Q: His family authorized you to review his medical records. What was their motivation? What did you decide to use, or not?
A: I spoke with his daughter at great length. I had not been planning to speak with her or ask for the medical records — I was not writing a biography, and I thought the Lowells had already been invaded quite a bit.
A person who knew her well and had done research into Lowell’s poetry suggested we get together. I think she trusted me to do everything I could to be straight about it. … I wasn’t in it for sensational findings, but for what he had to say about his illness, and what his doctors had to say about his treatment and his illness … how mania affected what he thought and how he expressed it.

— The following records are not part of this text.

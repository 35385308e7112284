-- ===== src/Imports/Registered/Infrastructure.antt =====
-- The init functions of cdk8s/imports/certmanagerio/certmanagerio.go,
-- devopstoolkitseriescom/devopstoolkitseriescom.go and externalsecretsio/main.go.
use learning_crossplane_e2e.Prelude.{List, [], ◌∷◌}
use learning_crossplane_e2e.Imports.Registry.{
  Registration, api_object_members, register_class, register_enum, register_struct,
}

abbrev pub cert_manager_init_1 : List Registration
cert_manager_init_1 =
    register_class "cert-managerio.Certificate" "Certificate" api_object_members
      "jsiiProxy_Certificate"
    ∷ register_struct "cert-managerio.CertificateProps" "CertificateProps"
    ∷ register_struct "cert-managerio.CertificateSpec" "CertificateSpec"
    ∷ register_struct "cert-managerio.CertificateSpecAdditionalOutputFormats"
        "CertificateSpecAdditionalOutputFormats"
    ∷ register_enum "cert-managerio.CertificateSpecAdditionalOutputFormatsType"
        "CertificateSpecAdditionalOutputFormatsType"
        (("DER", "CertificateSpecAdditionalOutputFormatsType_DER")
          ∷ ("COMBINED_PEM", "CertificateSpecAdditionalOutputFormatsType_COMBINED_PEM")
          ∷ [])
    ∷ register_struct "cert-managerio.CertificateSpecIssuerRef" "CertificateSpecIssuerRef"
    ∷ register_struct "cert-managerio.CertificateSpecKeystores" "CertificateSpecKeystores"
    ∷ register_struct "cert-managerio.CertificateSpecKeystoresJks" "CertificateSpecKeystoresJks"
    ∷ register_struct "cert-managerio.CertificateSpecKeystoresJksPasswordSecretRef"
        "CertificateSpecKeystoresJksPasswordSecretRef"
    ∷ register_struct "cert-managerio.CertificateSpecKeystoresPkcs12"
        "CertificateSpecKeystoresPkcs12"
    ∷ register_struct "cert-managerio.CertificateSpecKeystoresPkcs12PasswordSecretRef"
        "CertificateSpecKeystoresPkcs12PasswordSecretRef"
    ∷ register_struct "cert-managerio.CertificateSpecPrivateKey" "CertificateSpecPrivateKey"
    ∷ register_enum "cert-managerio.CertificateSpecPrivateKeyAlgorithm"
        "CertificateSpecPrivateKeyAlgorithm"
        (("RSA", "CertificateSpecPrivateKeyAlgorithm_RSA")
          ∷ ("ECDSA", "CertificateSpecPrivateKeyAlgorithm_ECDSA")
          ∷ ("ED25519", "CertificateSpecPrivateKeyAlgorithm_ED25519")
          ∷ [])
    ∷ register_enum "cert-managerio.CertificateSpecPrivateKeyEncoding"
        "CertificateSpecPrivateKeyEncoding"
        (("PKCS1", "CertificateSpecPrivateKeyEncoding_PKCS1")
          ∷ ("PKCS8", "CertificateSpecPrivateKeyEncoding_PKCS8")
          ∷ [])
    ∷ register_enum "cert-managerio.CertificateSpecPrivateKeyRotationPolicy"
        "CertificateSpecPrivateKeyRotationPolicy"
        (("NEVER", "CertificateSpecPrivateKeyRotationPolicy_NEVER")
          ∷ ("ALWAYS", "CertificateSpecPrivateKeyRotationPolicy_ALWAYS")
          ∷ [])
    ∷ register_struct "cert-managerio.CertificateSpecSecretTemplate" "CertificateSpecSecretTemplate"
    ∷ register_struct "cert-managerio.CertificateSpecSubject" "CertificateSpecSubject"
    ∷ register_enum "cert-managerio.CertificateSpecUsages" "CertificateSpecUsages" (
        ("SIGNING", "CertificateSpecUsages_SIGNING")
        ∷ ("DIGITAL_SIGNATURE", "CertificateSpecUsages_DIGITAL_SIGNATURE")
        ∷ ("CONTENT_COMMITMENT", "CertificateSpecUsages_CONTENT_COMMITMENT")
        ∷ ("KEY_ENCIPHERMENT", "CertificateSpecUsages_KEY_ENCIPHERMENT")
        ∷ ("KEY_AGREEMENT", "CertificateSpecUsages_KEY_AGREEMENT")
        ∷ ("DATA_ENCIPHERMENT", "CertificateSpecUsages_DATA_ENCIPHERMENT")
        ∷ ("CERT_SIGN", "CertificateSpecUsages_CERT_SIGN")
        ∷ ("CRL_SIGN", "CertificateSpecUsages_CRL_SIGN")
        ∷ ("ENCIPHER_ONLY", "CertificateSpecUsages_ENCIPHER_ONLY")
        ∷ ("DECIPHER_ONLY", "CertificateSpecUsages_DECIPHER_ONLY")
        ∷ ("ANY", "CertificateSpecUsages_ANY")
        ∷ ("SERVER_AUTH", "CertificateSpecUsages_SERVER_AUTH")
        ∷ ("CLIENT_AUTH", "CertificateSpecUsages_CLIENT_AUTH")
        ∷ ("CODE_SIGNING", "CertificateSpecUsages_CODE_SIGNING")
        ∷ ("EMAIL_PROTECTION", "CertificateSpecUsages_EMAIL_PROTECTION")
        ∷ ("S_MIME", "CertificateSpecUsages_S_MIME")
        ∷ ("IPSEC_END_SYSTEM", "CertificateSpecUsages_IPSEC_END_SYSTEM")
        ∷ ("IPSEC_TUNNEL", "CertificateSpecUsages_IPSEC_TUNNEL")
        ∷ ("IPSEC_USER", "CertificateSpecUsages_IPSEC_USER")
        ∷ ("TIMESTAMPING", "CertificateSpecUsages_TIMESTAMPING")
        ∷ ("OCSP_SIGNING", "CertificateSpecUsages_OCSP_SIGNING")
        ∷ ("MICROSOFT_SGC", "CertificateSpecUsages_MICROSOFT_SGC")
        ∷ ("NETSCAPE_SGC", "CertificateSpecUsages_NETSCAPE_SGC")
        ∷ [])
    ∷ []

abbrev pub series_init_1 : List Registration
series_init_1 =
    register_class "devopstoolkitseriescom.SqlClaim" "SqlClaim" api_object_members
      "jsiiProxy_SqlClaim"
    ∷ register_struct "devopstoolkitseriescom.SqlClaimProps" "SqlClaimProps"
    ∷ register_struct "devopstoolkitseriescom.SqlClaimSpec" "SqlClaimSpec"
    ∷ register_enum "devopstoolkitseriescom.SqlClaimSpecCompositeDeletePolicy"
        "SqlClaimSpecCompositeDeletePolicy"
        (("BACKGROUND", "SqlClaimSpecCompositeDeletePolicy_BACKGROUND")
          ∷ ("FOREGROUND", "SqlClaimSpecCompositeDeletePolicy_FOREGROUND")
          ∷ [])
    ∷ register_struct "devopstoolkitseriescom.SqlClaimSpecCompositionRef"
        "SqlClaimSpecCompositionRef"
    ∷ register_struct "devopstoolkitseriescom.SqlClaimSpecCompositionRevisionRef"
        "SqlClaimSpecCompositionRevisionRef"
    ∷ register_struct "devopstoolkitseriescom.SqlClaimSpecCompositionSelector"
        "SqlClaimSpecCompositionSelector"
    ∷ register_enum "devopstoolkitseriescom.SqlClaimSpecCompositionUpdatePolicy"
        "SqlClaimSpecCompositionUpdatePolicy"
        (("AUTOMATIC", "SqlClaimSpecCompositionUpdatePolicy_AUTOMATIC")
          ∷ ("MANUAL", "SqlClaimSpecCompositionUpdatePolicy_MANUAL")
          ∷ [])
    ∷ register_struct "devopstoolkitseriescom.SqlClaimSpecParameters" "SqlClaimSpecParameters"
    ∷ register_struct "devopstoolkitseriescom.SqlClaimSpecPublishConnectionDetailsTo"
        "SqlClaimSpecPublishConnectionDetailsTo"
    ∷ register_struct "devopstoolkitseriescom.SqlClaimSpecPublishConnectionDetailsToConfigRef"
        "SqlClaimSpecPublishConnectionDetailsToConfigRef"
    ∷ register_struct "devopstoolkitseriescom.SqlClaimSpecPublishConnectionDetailsToMetadata"
        "SqlClaimSpecPublishConnectionDetailsToMetadata"
    ∷ register_struct "devopstoolkitseriescom.SqlClaimSpecResourceRef" "SqlClaimSpecResourceRef"
    ∷ register_struct "devopstoolkitseriescom.SqlClaimSpecWriteConnectionSecretToRef"
        "SqlClaimSpecWriteConnectionSecretToRef"
    ∷ []

abbrev pub external_secrets_init_1 : List Registration
external_secrets_init_1 =
    register_class "external-secretsio.ExternalSecret" "ExternalSecret" api_object_members
      "jsiiProxy_ExternalSecret"
    ∷ register_struct "external-secretsio.ExternalSecretProps" "ExternalSecretProps"
    ∷ register_struct "external-secretsio.ExternalSecretSpec" "ExternalSecretSpec"
    ∷ register_struct "external-secretsio.ExternalSecretSpecData" "ExternalSecretSpecData"
    ∷ register_struct "external-secretsio.ExternalSecretSpecDataFrom" "ExternalSecretSpecDataFrom"
    ∷ register_struct "external-secretsio.ExternalSecretSpecDataRemoteRef"
        "ExternalSecretSpecDataRemoteRef"
    ∷ register_struct "external-secretsio.ExternalSecretSpecSecretStoreRef"
        "ExternalSecretSpecSecretStoreRef"
    ∷ register_struct "external-secretsio.ExternalSecretSpecTarget" "ExternalSecretSpecTarget"
    ∷ register_struct "external-secretsio.ExternalSecretSpecTargetTemplate"
        "ExternalSecretSpecTargetTemplate"
    ∷ register_struct "external-secretsio.ExternalSecretSpecTargetTemplateMetadata"
        "ExternalSecretSpecTargetTemplateMetadata"
    ∷ register_struct "external-secretsio.ExternalSecretSpecTargetTemplateTemplateFrom"
        "ExternalSecretSpecTargetTemplateTemplateFrom"
    ∷ register_struct "external-secretsio.ExternalSecretSpecTargetTemplateTemplateFromConfigMap"
        "ExternalSecretSpecTargetTemplateTemplateFromConfigMap"
    ∷ register_struct
        "external-secretsio.ExternalSecretSpecTargetTemplateTemplateFromConfigMapItems"
        "ExternalSecretSpecTargetTemplateTemplateFromConfigMapItems"
    ∷ register_struct "external-secretsio.ExternalSecretSpecTargetTemplateTemplateFromSecret"
        "ExternalSecretSpecTargetTemplateTemplateFromSecret"
    ∷ register_struct "external-secretsio.ExternalSecretSpecTargetTemplateTemplateFromSecretItems"
        "ExternalSecretSpecTargetTemplateTemplateFromSecretItems"
    ∷ register_class "external-secretsio.ExternalSecretV1Beta1" "ExternalSecretV1Beta1"
        api_object_members "jsiiProxy_ExternalSecretV1Beta1"
    ∷ register_struct "external-secretsio.ExternalSecretV1Beta1Props" "ExternalSecretV1Beta1Props"
    ∷ register_struct "external-secretsio.ExternalSecretV1Beta1Spec" "ExternalSecretV1Beta1Spec"
    ∷ register_struct "external-secretsio.ExternalSecretV1Beta1SpecData"
        "ExternalSecretV1Beta1SpecData"
    ∷ register_struct "external-secretsio.ExternalSecretV1Beta1SpecDataFrom"
        "ExternalSecretV1Beta1SpecDataFrom"
    ∷ register_struct "external-secretsio.ExternalSecretV1Beta1SpecDataFromExtract"
        "ExternalSecretV1Beta1SpecDataFromExtract"
    ∷ register_struct "external-secretsio.ExternalSecretV1Beta1SpecDataFromFind"
        "ExternalSecretV1Beta1SpecDataFromFind"
    ∷ register_struct "external-secretsio.ExternalSecretV1Beta1SpecDataFromFindName"
        "ExternalSecretV1Beta1SpecDataFromFindName"
    ∷ register_struct "external-secretsio.ExternalSecretV1Beta1SpecDataFromRewrite"
        "ExternalSecretV1Beta1SpecDataFromRewrite"
    ∷ register_struct "external-secretsio.ExternalSecretV1Beta1SpecDataFromRewriteRegexp"
        "ExternalSecretV1Beta1SpecDataFromRewriteRegexp"
    ∷ register_struct "external-secretsio.ExternalSecretV1Beta1SpecDataFromSourceRef"
        "ExternalSecretV1Beta1SpecDataFromSourceRef"
    ∷ register_struct "external-secretsio.ExternalSecretV1Beta1SpecDataFromSourceRefGeneratorRef"
        "ExternalSecretV1Beta1SpecDataFromSourceRefGeneratorRef"
    ∷ register_struct "external-secretsio.ExternalSecretV1Beta1SpecDataFromSourceRefStoreRef"
        "ExternalSecretV1Beta1SpecDataFromSourceRefStoreRef"
    ∷ []

abbrev pub external_secrets_init_2 : List Registration
external_secrets_init_2 =
    register_struct "external-secretsio.ExternalSecretV1Beta1SpecDataRemoteRef"
      "ExternalSecretV1Beta1SpecDataRemoteRef"
    ∷ register_struct "external-secretsio.ExternalSecretV1Beta1SpecDataSourceRef"
        "ExternalSecretV1Beta1SpecDataSourceRef"
    ∷ register_struct "external-secretsio.ExternalSecretV1Beta1SpecDataSourceRefGeneratorRef"
        "ExternalSecretV1Beta1SpecDataSourceRefGeneratorRef"
    ∷ register_struct "external-secretsio.ExternalSecretV1Beta1SpecDataSourceRefStoreRef"
        "ExternalSecretV1Beta1SpecDataSourceRefStoreRef"
    ∷ register_struct "external-secretsio.ExternalSecretV1Beta1SpecSecretStoreRef"
        "ExternalSecretV1Beta1SpecSecretStoreRef"
    ∷ register_struct "external-secretsio.ExternalSecretV1Beta1SpecTarget"
        "ExternalSecretV1Beta1SpecTarget"
    ∷ register_enum "external-secretsio.ExternalSecretV1Beta1SpecTargetCreationPolicy"
        "ExternalSecretV1Beta1SpecTargetCreationPolicy"
        (("OWNER", "ExternalSecretV1Beta1SpecTargetCreationPolicy_OWNER")
          ∷ ("ORPHAN", "ExternalSecretV1Beta1SpecTargetCreationPolicy_ORPHAN")
          ∷ ("MERGE", "ExternalSecretV1Beta1SpecTargetCreationPolicy_MERGE")
          ∷ ("NONE", "ExternalSecretV1Beta1SpecTargetCreationPolicy_NONE")
          ∷ [])
    ∷ register_enum "external-secretsio.ExternalSecretV1Beta1SpecTargetDeletionPolicy"
        "ExternalSecretV1Beta1SpecTargetDeletionPolicy"
        (("DELETE", "ExternalSecretV1Beta1SpecTargetDeletionPolicy_DELETE")
          ∷ ("MERGE", "ExternalSecretV1Beta1SpecTargetDeletionPolicy_MERGE")
          ∷ ("RETAIN", "ExternalSecretV1Beta1SpecTargetDeletionPolicy_RETAIN")
          ∷ [])
    ∷ register_struct "external-secretsio.ExternalSecretV1Beta1SpecTargetTemplate"
        "ExternalSecretV1Beta1SpecTargetTemplate"
    ∷ register_struct "external-secretsio.ExternalSecretV1Beta1SpecTargetTemplateMetadata"
        "ExternalSecretV1Beta1SpecTargetTemplateMetadata"
    ∷ register_struct "external-secretsio.ExternalSecretV1Beta1SpecTargetTemplateTemplateFrom"
        "ExternalSecretV1Beta1SpecTargetTemplateTemplateFrom"
    ∷ register_struct
        "external-secretsio.ExternalSecretV1Beta1SpecTargetTemplateTemplateFromConfigMap"
        "ExternalSecretV1Beta1SpecTargetTemplateTemplateFromConfigMap"
    ∷ register_struct
        "external-secretsio.ExternalSecretV1Beta1SpecTargetTemplateTemplateFromConfigMapItems"
        "ExternalSecretV1Beta1SpecTargetTemplateTemplateFromConfigMapItems"
    ∷ register_struct "external-secretsio.ExternalSecretV1Beta1SpecTargetTemplateTemplateFromSecret"
        "ExternalSecretV1Beta1SpecTargetTemplateTemplateFromSecret"
    ∷ register_struct
        "external-secretsio.ExternalSecretV1Beta1SpecTargetTemplateTemplateFromSecretItems"
        "ExternalSecretV1Beta1SpecTargetTemplateTemplateFromSecretItems"
    ∷ []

I think most of his doctors liked him very much. Most people who knew him really loved him and admired him. They were frightened of him when he was manic, but (they knew him) as someone who had no control over it and was immensely remorseful.
Q: The women in Lowell’s life, especially his three wives (Jean Stafford, Elizabeth Hardwick and Caroline Blackwood), endured a lot. He had innumerable affairs, launching them on the “up” side of the manic-depressive cycle, ending them on the downward plunge into depression. How did that affect your view of him?
A: I suppose I put it in the context of his basic character, as a strong, admirable character who does things that are not admirable.
We’ve known since time began that having a lot of affairs can be part and parcel of mania. Violence likewise. These are things that are very difficult to reconcile with being civilized.
Elizabeth Hardwick was an enormously strong, intelligent woman. … People say she was a martyr, but she made it clear that she saw his illness and she loved him till his dying day. … To me what makes it such a human story is you have this great intellect and mind and imagination, with this huge flaw. It’s pure tragedy.
Q: I’m guessing that the story of Lowell’s illness and its impact on his family and friends will resonate with anyone with a loved one suffering from manic depression. What is the most problematic thing about treating it?
A: Getting people into treatment and getting them to stay on treatment. In psychiatric illnesses, particularly bipolar illness, it’s hard to get them to take the medication. Particularly younger people — if you tell someone that age (the age of onset for manic depression is often ages 17-18) that you have an illness that you can only control through medication, it’s pretty hard for people that age to believe that they’re not invulnerable. … adolescents are much more effective at getting other adolescents to stay in treatment than adults are.